Ah no, things were not what they seemed in that peaceful little burg below, nor in the wooded hills beyond Redemption. I should know: I grew up in that orphanage, and now served as the liaison between the Sisters who ran it and the town that provided them with innocent children. In my thirty-five years of residence there, however, I had not inquired about my own parents, nor did I ever intend to. Some questions are better left unasked, I had learned. Just as some mysteries are best left unexplained, and some pleasures left untasted.
"Easy, Dory," I crooned to my gray mare. "We don't want you to stumble and fall now."
She stepped carefully down the road, where icy patches hid beneath the snow.

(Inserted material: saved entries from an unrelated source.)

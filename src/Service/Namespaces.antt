-- ===== src/Service/Namespaces.antt =====
-- What the handlers of namespaces keep: stored namespaces carry their names, and what is stored
-- of the other kinds, the registry and the maps stay as they are.
use opi_nvidia_bridge.Base.{String, ◌≡◌, refl, ap, sym, subst, false, inl, inr, some, str_eq}
use opi_nvidia_bridge.Api.Messages.{Kind, Message, nvme_namespace, nvme_subsystem}
use opi_nvidia_bridge.Api.Requests.{CreateChildRequest, DeleteRequest}
use opi_nvidia_bridge.Externals.{Externals}
use opi_nvidia_bridge.Externals.Laws.{
  PlainId, IsStore, ClonesFaithfully, IdsPlain, subsystem_name, namespace_name,
}
use opi_nvidia_bridge.Server.{Server, State}
use opi_nvidia_bridge.Namespace.Create.{create_nvme_namespace}
use opi_nvidia_bridge.Namespace.Create.Outcome.{fails, exists, attaches}
use opi_nvidia_bridge.Namespace.Create.Paths.{create_nvme_namespace-Creates}
use opi_nvidia_bridge.Namespace.Delete.{delete_nvme_namespace}
use opi_nvidia_bridge.Namespace.Delete.Outcome
use opi_nvidia_bridge.Namespace.Delete.Outcome.{missing, detaches}
use opi_nvidia_bridge.Namespace.Delete.Paths.{delete_nvme_namespace-Deletes}
use opi_nvidia_bridge.Subsystem.Registry.{IsRegistry}
use opi_nvidia_bridge.Service.Named.{
  IsNamed, IsNamed-untouched, IsNamed-stored, IsNamed-stored_apart, IsNamed-removed,
  IsRegistry-untouched, IsRegistry-apart,
}

module _ (E : Externals) (L : IsStore E) (C : ClonesFaithfully E) (s : State E) where
  abbrev Named : State E → Type 0
  Named t = IsNamed E nvme_namespace (λ m. m.name) (namespace_name E) t.db

  pub create_nvme_namespace-IsNamed :
      (req : CreateChildRequest nvme_namespace) → Named s → Named (create_nvme_namespace E req s).1
  create_nvme_namespace-IsNamed req h = elim (create_nvme_namespace-Creates E L C req s) [
    | fails _ u ↦ IsNamed-untouched E nvme_namespace _ _ s _ u h
    | exists _ _ _ _ _ _ o ↦ IsNamed-untouched E nvme_namespace _ _ s _ o.untouched h
    | attaches _ _ _ _ _ _ a ↦ IsNamed-stored E nvme_namespace _ _ s _ _ _ a.stored refl h
  ]

  pub delete_nvme_namespace-IsNamed :
      (req : DeleteRequest) → Named s → Named (delete_nvme_namespace E req s).1
  delete_nvme_namespace-IsNamed req h = elim (delete_nvme_namespace-Deletes E L req s) [
    | Outcome.fails _ u ↦ IsNamed-untouched E nvme_namespace _ _ s _ u h
    | missing _ _ _ o ↦ IsNamed-untouched E nvme_namespace _ _ s _ o.untouched h
    | detaches _ _ _ _ a ↦ elim a.stored [
      | inl (_, rm) ↦ IsNamed-removed E nvme_namespace _ _ s _ _ rm h
      | inr (_, u) ↦ IsNamed-untouched E nvme_namespace _ _ s _ u h
    ]
  ]

  module _ (k : Kind) (name : Message k → String) (form : PlainId → String → String) where
    pub create_nvme_namespace-IsNamed_other :
        ((a i : PlainId) (b j : String) → str_eq (namespace_name E a b) (form i j) ≡ false)
        → IdsPlain E
        → (req : CreateChildRequest nvme_namespace) → IsNamed E k name form s.db
        → IsNamed E k name form (create_nvme_namespace E req s).1.db
    create_nvme_namespace-IsNamed_other apart P req h =
        elim (create_nvme_namespace-Creates E L C req s) [
          | fails _ u ↦ IsNamed-untouched E k name form s _ u h
          | exists _ _ _ _ _ _ o ↦ IsNamed-untouched E k name form s _ o.untouched h
          | attaches _ _ _ _ _ _ a ↦
              IsNamed-stored_apart E k name form s _ nvme_namespace _ _ a.stored
                (λ i j.
                  apart (E.get_subsystem_id_from_nvme_name req.parent, P.subsystem_id req.parent) i
                    _ j)
                h
        ]

    pub delete_nvme_namespace-IsNamed_other :
        (req : DeleteRequest)
        → IsNamed E k name form s.db
        → IsNamed E k name form (delete_nvme_namespace E req s).1.db
    delete_nvme_namespace-IsNamed_other req h = elim (delete_nvme_namespace-Deletes E L req s) [
      | Outcome.fails _ u ↦ IsNamed-untouched E k name form s _ u h
      | missing _ _ _ o ↦ IsNamed-untouched E k name form s _ o.untouched h
      | detaches _ _ _ _ a ↦ elim a.stored [
        | inl (_, rm) ↦ IsNamed-removed E k name form s _ _ rm h
        | inr (_, u) ↦ IsNamed-untouched E k name form s _ u h
      ]
    ]

  pub create_nvme_namespace-server :
      (req : CreateChildRequest nvme_namespace)
      → (create_nvme_namespace E req s).1.server ≡ s.server
  create_nvme_namespace-server req = elim (create_nvme_namespace-Creates E L C req s) [
    | fails _ u ↦ u.same_server
    | exists _ _ _ _ _ _ o ↦ o.untouched.same_server
    | attaches _ _ _ _ _ _ a ↦ a.server
  ]

  pub delete_nvme_namespace-server :
      (req : DeleteRequest) → (delete_nvme_namespace E req s).1.server ≡ s.server
  delete_nvme_namespace-server req = elim (delete_nvme_namespace-Deletes E L req s) [
    | Outcome.fails _ u ↦ u.same_server
    | missing _ _ _ o ↦ o.untouched.same_server
    | detaches _ _ _ _ a ↦ a.server
  ]

  module _
      (apart : (a b : String) (id : PlainId)
        → str_eq (E.resource_id_to_namespace_name a b) (subsystem_name E id) ≡ false)
      (h : IsRegistry E s.server.nqns s.db) where
    pub create_nvme_namespace-IsRegistry :
        (req : CreateChildRequest nvme_namespace)
        → let t = (create_nvme_namespace E req s).1 in IsRegistry E t.server.nqns t.db
    create_nvme_namespace-IsRegistry req = elim (create_nvme_namespace-Creates E L C req s) [
      | fails _ u ↦ IsRegistry-untouched E s _ u h
      | exists _ _ _ _ _ _ o ↦ IsRegistry-untouched E s _ o.untouched h
      | attaches _ _ _ _ _ _ a ↦
          IsRegistry-apart E s (create_nvme_namespace E req s).1 _
            (ap (λ (x : Server). x.nqns) a.server) (apart _ _)
            (λ other. a.stored.others nvme_subsystem other) h
    ]

    -- A stored namespace that is removed carries a namespace's name.
    pub delete_nvme_namespace-IsRegistry :
        Named s
        → (req : DeleteRequest) (i : PlainId) (j : String) → req.name ≡ namespace_name E i j
        → let t = (delete_nvme_namespace E req s).1 in IsRegistry E t.server.nqns t.db
    unfolding IsNamed
    delete_nvme_namespace-IsRegistry named req i j hn =
        elim (delete_nvme_namespace-Deletes E L req s) [
          | Outcome.fails _ u ↦ IsRegistry-untouched E s _ u h
          | missing _ _ _ o ↦ IsRegistry-untouched E s _ o.untouched h
          | detaches namespace _ hc _ a ↦ elim a.stored [
            | inl (_, rm) ↦
                IsRegistry-apart E s (delete_nvme_namespace E req s).1 namespace.name
                  (ap (λ (x : Server). x.nqns) a.server)
                  (λ id.
                    subst (λ n. str_eq n (subsystem_name E id) ≡ false)
                      (sym (
                        named i j namespace
                          (subst (λ n. E.holds nvme_namespace s.db n ≡ some namespace) hn hc)))
                      (apart i.0 j id))
                  (λ other. rm.others nvme_subsystem other) h
            | inr (_, u) ↦ IsRegistry-untouched E s _ u h
          ]
        ]
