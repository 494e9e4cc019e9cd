-- ===== src/Service/Blks.antt =====
-- What the handlers of virtio-blk controllers leave alone: the store and the registry.
use opi_nvidia_bridge.Base.{String, ◌≡◌, ap, sym, subst}
use opi_nvidia_bridge.Api.Messages.{Kind, Message, nvme_subsystem, virtio_blk}
use opi_nvidia_bridge.Api.Requests.{CreateRequest, DeleteRequest}
use opi_nvidia_bridge.Externals.{Externals}
use opi_nvidia_bridge.Externals.Laws.{PlainId, ClonesFaithfully}
use opi_nvidia_bridge.Server.{Server, State}
use opi_nvidia_bridge.Virtio.Create.{create_virtio_blk}
use opi_nvidia_bridge.Virtio.Create.Paths.{create_virtio_blk-Creates, fails, exists, makes}
use opi_nvidia_bridge.Virtio.Delete.{delete_virtio_blk}
use opi_nvidia_bridge.Virtio.Delete.Paths
use opi_nvidia_bridge.Virtio.Delete.Paths.{delete_virtio_blk-Deletes, missing, drops}
use opi_nvidia_bridge.Subsystem.Registry.{IsRegistry, IsRegistry-of_same}
use opi_nvidia_bridge.Service.Named.{IsNamed, IsNamed-same}

module _ (E : Externals) (C : ClonesFaithfully E) (s : State E) where
  create_virtio_blk-store :
      (req : CreateRequest virtio_blk) (j : Kind) (key : String)
      → E.holds j (create_virtio_blk E req s).1.db key ≡ E.holds j s.db key
  create_virtio_blk-store req j key = elim (create_virtio_blk-Creates E C req s) [
    | fails _ u ↦ u.same_store j key
    | exists _ _ _ _ _ _ o ↦ o.untouched.same_store j key
    | makes _ _ _ _ made ↦ made.same_store j key
  ]

  create_virtio_blk-nqns :
      (req : CreateRequest virtio_blk) → (create_virtio_blk E req s).1.server.nqns ≡ s.server.nqns
  create_virtio_blk-nqns req = elim (create_virtio_blk-Creates E C req s) [
    | fails _ u ↦ ap (λ (x : Server). x.nqns) u.same_server
    | exists _ _ _ _ _ _ o ↦ ap (λ (x : Server). x.nqns) o.untouched.same_server
    | makes _ _ _ _ made ↦ ap (λ (x : Server). x.nqns) made.server
  ]

  delete_virtio_blk-store :
      (req : DeleteRequest) (j : Kind) (key : String)
      → E.holds j (delete_virtio_blk E req s).1.db key ≡ E.holds j s.db key
  delete_virtio_blk-store req j key = elim (delete_virtio_blk-Deletes E req s) [
    | Paths.fails _ u ↦ u.same_store j key
    | missing _ _ _ o ↦ o.untouched.same_store j key
    | drops _ _ _ _ _ _ same _ ↦ same j key
  ]

  delete_virtio_blk-nqns :
      (req : DeleteRequest) → (delete_virtio_blk E req s).1.server.nqns ≡ s.server.nqns
  delete_virtio_blk-nqns req = elim (delete_virtio_blk-Deletes E req s) [
    | Paths.fails _ u ↦ ap (λ (x : Server). x.nqns) u.same_server
    | missing _ _ _ o ↦ ap (λ (x : Server). x.nqns) o.untouched.same_server
    | drops _ _ _ _ _ same _ _ ↦ ap (λ (x : Server). x.nqns) same
  ]

  pub create_virtio_blk-IsRegistry :
      (req : CreateRequest virtio_blk)
      → IsRegistry E s.server.nqns s.db
      → let t = (create_virtio_blk E req s).1 in IsRegistry E t.server.nqns t.db
  create_virtio_blk-IsRegistry req h =
      subst (λ x. IsRegistry E x (create_virtio_blk E req s).1.db)
        (sym (create_virtio_blk-nqns req))
        (IsRegistry-of_same E _ s.db _ (λ id. create_virtio_blk-store req nvme_subsystem _) h)

  pub delete_virtio_blk-IsRegistry :
      (req : DeleteRequest)
      → IsRegistry E s.server.nqns s.db
      → let t = (delete_virtio_blk E req s).1 in IsRegistry E t.server.nqns t.db
  delete_virtio_blk-IsRegistry req h =
      subst (λ x. IsRegistry E x (delete_virtio_blk E req s).1.db)
        (sym (delete_virtio_blk-nqns req))
        (IsRegistry-of_same E _ s.db _ (λ id. delete_virtio_blk-store req nvme_subsystem _) h)

  module _ (k : Kind) (name : Message k → String) (form : PlainId → String → String) where
    pub create_virtio_blk-IsNamed :
        (req : CreateRequest virtio_blk)
        → IsNamed E k name form s.db
        → IsNamed E k name form (create_virtio_blk E req s).1.db
    create_virtio_blk-IsNamed req =
        IsNamed-same E k name form s.db _ (λ i j. create_virtio_blk-store req k (form i j))

    pub delete_virtio_blk-IsNamed :
        (req : DeleteRequest)
        → IsNamed E k name form s.db
        → IsNamed E k name form (delete_virtio_blk E req s).1.db
    delete_virtio_blk-IsNamed req =
        IsNamed-same E k name form s.db _ (λ i j. delete_virtio_blk-store req k (form i j))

Her breath encircled her head like a frosted wreath as she pulled me along, and within minutes we'd arrived at the edge of town. Here, the grassy pastures gave way to humble storefronts of the greengrocer and the blacksmith, the newspaper and the mercantile. No saloons, of course. Just a street of shops sitting back along both sides, as though directing the visitor toward the majestic court house at its end.
Redemption's main distinction was being the seat of this western Pennsylvania county, so it was only fitting that the most notable architecture in town-except for the churches, of course-had been bestowed upon our house of law and local government. Fretwork festooned its cupola, freshened by snow that accented its sills and gables like the frosting on a gingerbread house. It was nearly five o'clock, and dusk was settling in, so Judge Harold Legg would be encouraging his plaintiff and defendant to their conclusions so he could go home to his dinner and his daughter Lucy. Just another day in a quaint little town about to be lulled into winter, where women baked cookies beside cozy hearths while their husbands napped over their newspapers.